Hi 🤗 This repository contains all the code and exercise answers of the book Hands-On Generative AI with Transformers and Diffusion Models.
- Omar Sanseviero (X, LinkedIn, website): Omar Sanseviero was the Chief Llama Officer and Head of Platform and Community at Hugging Face, leading the developer advocacy engineering, on-device, and moonshot teams. Omar has extensive engineering experience working at Google in Google Assistant and TensorFlow Graphics. Omar’s work at Hugging Face was at the intersection of open source, product, research, and technical communities.

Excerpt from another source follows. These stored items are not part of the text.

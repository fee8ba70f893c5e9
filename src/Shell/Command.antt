-- ===== src/Shell/Command.antt =====
-- The parts of a command line, `get_cmd_info` of user/shell/shell.c.
pub mod Words
pub mod Parts
pub mod Given
use frostbite.Base.{
  ℕ, zero, suc, ◌+◌, ◌-◌, ◌*◌, ◌/◌, ◌%◌, ◌^◌, ◌≤◌, ◌<◌, ◌≡◌, refl, sym, ap, ◌∙◌, ◌≢◌, ◌⊎◌, inl, inr,
  Bool, true, false, not, ◌&&◌, ◌||◌, Option, none, some, List, [], ◌∷◌, ◌++◌, arith, ◌==◌,
  if◌then◌else◌, ltb, leb, has, length, ℤ, pos, negsuc, eqb_ℤ,
}
use frostbite.Text.{poke}
use frostbite.Shell.{max_cmd_buf_size}

-- The loop over the leading spaces, and the one to the end of the command.
unfoldable pub skip_spaces : ℕ → (ℕ → ℕ) → ℕ → ℕ
skip_spaces zero cmd i = i
skip_spaces (suc n) cmd i =
    let rest = skip_spaces n cmd (i + 1) in if cmd i == b' ' then rest else i

unfoldable pub find_end : ℕ → (ℕ → ℕ) → ℕ → ℕ
find_end zero cmd i = i
find_end (suc n) cmd i =
    let rest = find_end n cmd (i + 1) in if cmd i == b' ' || cmd i == 0 then i else rest

-- The search backwards for the last dot, down to `start`.
unfoldable pub find_ext : (ℕ → ℕ) → ℕ → ℕ → ℕ
find_ext cmd start zero = zero
find_ext cmd start (suc i) =
    let rest = find_ext cmd start i in
    if suc i == start then suc i else if cmd i == b'.' then suc i else rest

-- The loop that ends the arguments with a NUL and collects where they begin.
unfoldable pub split_args : ℕ → (ℕ → ℕ) → ℕ → Bool → (ℕ → ℕ) × List ℕ
split_args zero echo i new_arg = (echo, [])
split_args (suc n) echo i new_arg =
    let gap = split_args n (if new_arg then poke i 0 echo else echo) (i + 1) false in
    let (echo1, args) = split_args n echo (i + 1) true in
    if echo i == 0
    then (echo, [])
    else if echo i == b' '
    then gap
    else (echo1, if new_arg then args else i ∷ args)

-- What `get_cmd_info` leaves in the two buffers and behind its pointers; its result is the number of
-- arguments. Pointers into a buffer are indices. The caller has room for 100 arguments, and the code does not
-- compare their number with it: the list stands for the array as far as there is room.
pub record Command : Type 0 where
  pub cmd : ℕ → ℕ
  pub echo : ℕ → ℕ
  pub cmd_pos : ℕ
  pub ext : Option ℕ
  pub echo_args : List ℕ

-- The buffers and the pointers are not NULL. A string in a buffer is shorter than the buffer, which
-- bounds every loop.
unfoldable pub get_cmd_info : (cmd echo : ℕ → ℕ) → Command
get_cmd_info cmd echo =
    let cmd_pos = skip_spaces max_cmd_buf_size cmd 0 in
    let arg_ptr = find_end max_cmd_buf_size cmd cmd_pos in
    let cmd1 = poke arg_ptr 0 cmd in
    let ext = find_ext cmd1 cmd_pos arg_ptr in
    let (echo1, args) = split_args max_cmd_buf_size (poke arg_ptr 0 echo) (arg_ptr + 1) false in
    record {
      cmd = cmd1;
      echo = echo1;
      cmd_pos = cmd_pos;
      ext = if ext == cmd_pos then none else some ext;
      echo_args = args;
    }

- Pedro Cuenca (X, LinkedIn): Pedro Cuenca is a machine learning engineer at Hugging Face working on diffusion software, models, and applications. He has 20+ years of software development experience in fields like internet applications and iOS. As a cofounder and CTO of LateNiteSoft, he worked on the technology behind Camera+, a successful iPhone app that used custom ML models for photography enhancement. He created deep-learning models for tasks such as photography enhancement and super-resolution. He was also involved in the development of and operations behind DALL·E mini. He brings a practical vision of integrating AI research into real-world services and the challenges and optimizations involved.
- Apolinario Passos (X, LinkedIn, website): Apolinario Passos is a machine learning art engineer at Hugging Face working across different teams on multiple machine learning for art and creativity use cases. Apolinario has 10+ years of professional and artistic experience, alternating between holding art exhibitions, coding, and product management, having been a head of product at World Data Lab. Apolinario aims to ensure that the ML ecosystem supports and makes sense for artistic use cases. He is also an artist that works with interactive installations using AI.

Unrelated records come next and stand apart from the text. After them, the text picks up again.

-- ===== src/Shell/Command/Words.antt =====
-- The arguments that `get_cmd_info` finds are the words of the text.
use frostbite.Base.{
  eqb_refl, ℕ, zero, suc, ◌+◌, ◌≤◌, ◌<◌, ◌≡◌, refl, ap, ◌∙◌, Bool, true, false, not, List, [], ◌∷◌,
  arith, ◌==◌, if◌then◌else◌, length, and_right, if_elim,
}
use frostbite.Text.Str.{str_at-nul, str_at-char, str_at, char_at, no_nul}
use frostbite.Text.{poke}
use frostbite.Shell.Command.{split_args}

abbrev pub cons_word : List ℕ → List (List ℕ) → List (List ℕ)
cons_word [] ws = ws
cons_word (c ∷ cs) ws = (c ∷ cs) ∷ ws

-- The word that a text begins with, if any, and the words after it.
abbrev pub split_words : List ℕ → List ℕ × List (List ℕ)
split_words [] = ([], [])
split_words (c ∷ cs) =
    let (w, ws) = split_words cs in if c == b' ' then ([], cons_word w ws) else (c ∷ w, ws)

-- The words of a text, in their order: the longest parts without a space.
abbrev pub words : List ℕ → List (List ℕ)
words ys = let (w, ws) = split_words ys in cons_word w ws

-- The strings at some places.
abbrev pub strings : ℕ → (ℕ → ℕ) → List ℕ → List (List ℕ)
strings n chars [] = []
strings n chars (i ∷ is) = str_at n chars i ∷ strings n chars is

-- Nothing before the place that the loop has reached is changed.
pub split_args-before :
    (n : ℕ) (echo : ℕ → ℕ) (i : ℕ) (new_arg : Bool) (j : ℕ)
    → j < i
    → (split_args n echo i new_arg).0 j ≡ echo j
unfolding split_args poke
split_args-before zero echo i new_arg j lt = refl
split_args-before (suc n) echo i new_arg j lt =
    if_elim (λ (r : (ℕ → ℕ) × List ℕ). r.0 j ≡ echo j) (echo i == 0) _ _ (λ _. refl)
      (λ _.
        if_elim (λ (r : (ℕ → ℕ) × List ℕ). r.0 j ≡ echo j) (echo i == b' ') _ _
          (λ _. split_args-before n _ (i + 1) false j (omega arith) ∙ kept new_arg)
          (λ _. split_args-before n echo (i + 1) true j (omega arith)))
  where
    kept : (b : Bool) → (if b then poke i 0 echo else echo) j ≡ echo j
    kept true = let ne : (j == i) ≡ false = ground arith in rw ne refl
    kept false = refl

-- The text `ys` stands at `i`, with a NUL behind it.
abbrev pub At : (ℕ → ℕ) → ℕ → List ℕ → Type 0
At chars i ys = (j : ℕ) → j ≤ length ys → chars (i + j) ≡ char_at ys j

At-first : (chars : ℕ → ℕ) (i : ℕ) (ys : List ℕ) → At chars i ys → chars i ≡ char_at ys 0
At-first chars i ys h = let e : i + 0 ≡ i = omega arith in rw (e) at (h 0 (omega arith))

At-next : (chars : ℕ → ℕ) (i y : ℕ) (ys : List ℕ) → At chars i (y ∷ ys) → At chars (i + 1) ys
At-next chars i y ys h j le =
    let e : i + suc j ≡ i + 1 + j = omega arith in rw (e) at (h (suc j) (omega arith))

pub At-poke :
    (chars : ℕ → ℕ) (i y : ℕ) (ys : List ℕ) → At chars (i + 1) ys → At (poke i y chars) (i + 1) ys
unfolding poke
At-poke chars i y ys h j le = let ne : (i + 1 + j == i) ≡ false = ground arith in rw ne (h j le)

pub split_words-space :
    (y : ℕ) (ys : List ℕ) → (y == b' ') ≡ true → split_words (y ∷ ys) ≡ ([], words ys)
split_words-space y ys space = rw space refl

split_words-solid :
    (y : ℕ) (ys : List ℕ)
    → (y == b' ') ≡ false
    → split_words (y ∷ ys) ≡ (y ∷ (split_words ys).0, (split_words ys).1)
split_words-solid y ys solid = rw solid refl

-- What the loop gives on the text `ys` at `i`: in a word, the rest of it is read there and the later
-- words are the arguments; between words, all words are.
abbrev Reads : Bool → List ℕ → ℕ → ℕ → (ℕ → ℕ) × List ℕ → Type 0
Reads true ys m i r =
    ((k : ℕ) → length ys < k → str_at k r.0 i ≡ (split_words ys).0)
    × (strings m r.0 r.1 ≡ (split_words ys).1)
Reads false ys m i r = strings m r.0 r.1 ≡ words ys

ended-Reads :
    (new_arg : Bool) (m : ℕ) (echo : ℕ → ℕ) (i : ℕ) → echo i ≡ 0 → Reads new_arg [] m i (echo, [])
ended-Reads true m echo i nul = (λ k lt. str_at-nul k echo i nul, refl)
ended-Reads false m echo i nul = refl

module _ (n m : ℕ) (echo : ℕ → ℕ) (i : ℕ) where
  gap_At :
      (new_arg : Bool) (ys : List ℕ)
      → At echo (i + 1) ys
      → At (if new_arg then poke i 0 echo else echo) (i + 1) ys
  gap_At true ys at = At-poke echo i 0 ys at
  gap_At false ys at = at

  space_Reads :
      (new_arg : Bool) (y : ℕ) (ys : List ℕ)
      → (y == b' ') ≡ true
      → Reads false ys m
          (i + 1)
          (split_args n (if new_arg then poke i 0 echo else echo) (i + 1) false)
      → Reads new_arg
          (y ∷ ys)
          m
          i
          (split_args n (if new_arg then poke i 0 echo else echo) (i + 1) false)
  unfolding poke
  space_Reads true y ys space r =
      let own : poke i 0 echo i ≡ 0 = rw (eqb_refl i) refl in
      let nul = split_args-before n (poke i 0 echo) (i + 1) false i (omega arith) ∙ own in
      rw (split_words-space y ys space) (λ k lt. str_at-nul k _ i nul, r)
  space_Reads false y ys space r = rw (split_words-space y ys space) r

  solid_Reads :
      (new_arg : Bool) (y : ℕ) (ys : List ℕ)
      → echo i ≡ y
      → (y == b' ') ≡ false
      → (y == 0) ≡ false
      → length (y ∷ ys) < m
      → Reads true ys m (i + 1) (split_args n echo (i + 1) true)
      → (let r = split_args n echo (i + 1) true in
          Reads new_arg (y ∷ ys) m i (r.0, if new_arg then r.1 else i ∷ r.1))
  solid_Reads new_arg y ys first solid char room r = with_char new_arg
    where
      own : (split_args n echo (i + 1) true).0 i ≡ y
      own = split_args-before n echo (i + 1) true i (omega arith) ∙ first

      read :
          (k : ℕ)
          → length (y ∷ ys) < k
          → str_at k (split_args n echo (i + 1) true).0 i ≡ y ∷ (split_words ys).0
      read zero lt = absurd (omega arith)
      read (suc k) lt =
          str_at-char k _ i (rw own char) ∙ rw own (ap (λ t. y ∷ t) (r.0 k (omega arith)))

      with_char :
          (b : Bool)
          → (let r = split_args n echo (i + 1) true in
              Reads b (y ∷ ys) m i (r.0, if b then r.1 else i ∷ r.1))
      with_char true = rw (split_words-solid y ys solid) (read, r.1)
      with_char false = rw (split_words-solid y ys solid, read m room, r.1) refl

pub split_args-Reads :
    (ys : List ℕ) (n m : ℕ) (echo : ℕ → ℕ) (i : ℕ) (new_arg : Bool)
    → no_nul ys ≡ true
    → At echo i ys
    → length ys < n
    → length ys < m
    → Reads new_arg ys m i (split_args n echo i new_arg)
unfolding split_args
split_args-Reads ys zero m echo i new_arg good at fuel room = absurd (omega arith)
split_args-Reads [] (suc n) m echo i new_arg good at fuel room =
    let nul = At-first echo i [] at in
    if_elim (Reads new_arg [] m i) (echo i == 0) _ _ (λ _. ended-Reads new_arg m echo i nul)
      (λ more. absurd (ground arith))
split_args-Reads (y ∷ ys) (suc n) m echo i new_arg good at fuel room =
    let first = At-first echo i (y ∷ ys) at in
    let next = At-next echo i y ys at in
    let later : no_nul ys ≡ true = and_right (not (y == 0)) (no_nul ys) good in
    if_elim (Reads new_arg (y ∷ ys) m i) (echo i == 0) _ _ (λ nul. absurd (ground arith))
      (λ char.
        if_elim (Reads new_arg (y ∷ ys) m i) (echo i == b' ') _ _
          (λ space. space_Reads n m echo i new_arg y ys (ground arith) (
            split_args-Reads ys n m _ (i + 1) false later (gap_At n m echo i new_arg ys next)
              (omega arith) (omega arith)))
          (λ solid.
            solid_Reads n m echo i new_arg y ys first (ground arith) (ground arith) room
              (split_args-Reads ys n m echo (i + 1) true later next (omega arith) (omega arith))))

- Jonathan Whitaker (X, LinkedIn, website): Jonathan Whitaker is a data scientist and deep learning researcher focused on generative modeling. In addition to his R&D work at answer.ai, he focuses on sharing knowledge via the DataScienceCastnet YouTube channel and various free online resources he has created.
The book is available on:
To get the most out of this book, we recommend running the code examples as you read along. Experimenting with the code by making changes and exploring different scenarios will enhance your understanding. Working with transformers and diffusion models can be computationally intensive, so having access to a computer with an GPU is needed.
There are multiple online options that you can use, such as Google Colaboratory and Kaggle Notebooks. Most code should work on any Google Colab instance. We recommend you use GPU runtimes, which provide a T4 for free, specially for chapters with training loops.
There are many support utilities and helper functions used throughout the book. To access them, please install the genaibook package:
pip install genaibook
This will, in turn, install the libraries required to run transformers and diffusion models, along with PyTorch, Matplotlib, NumPy, and other essentials.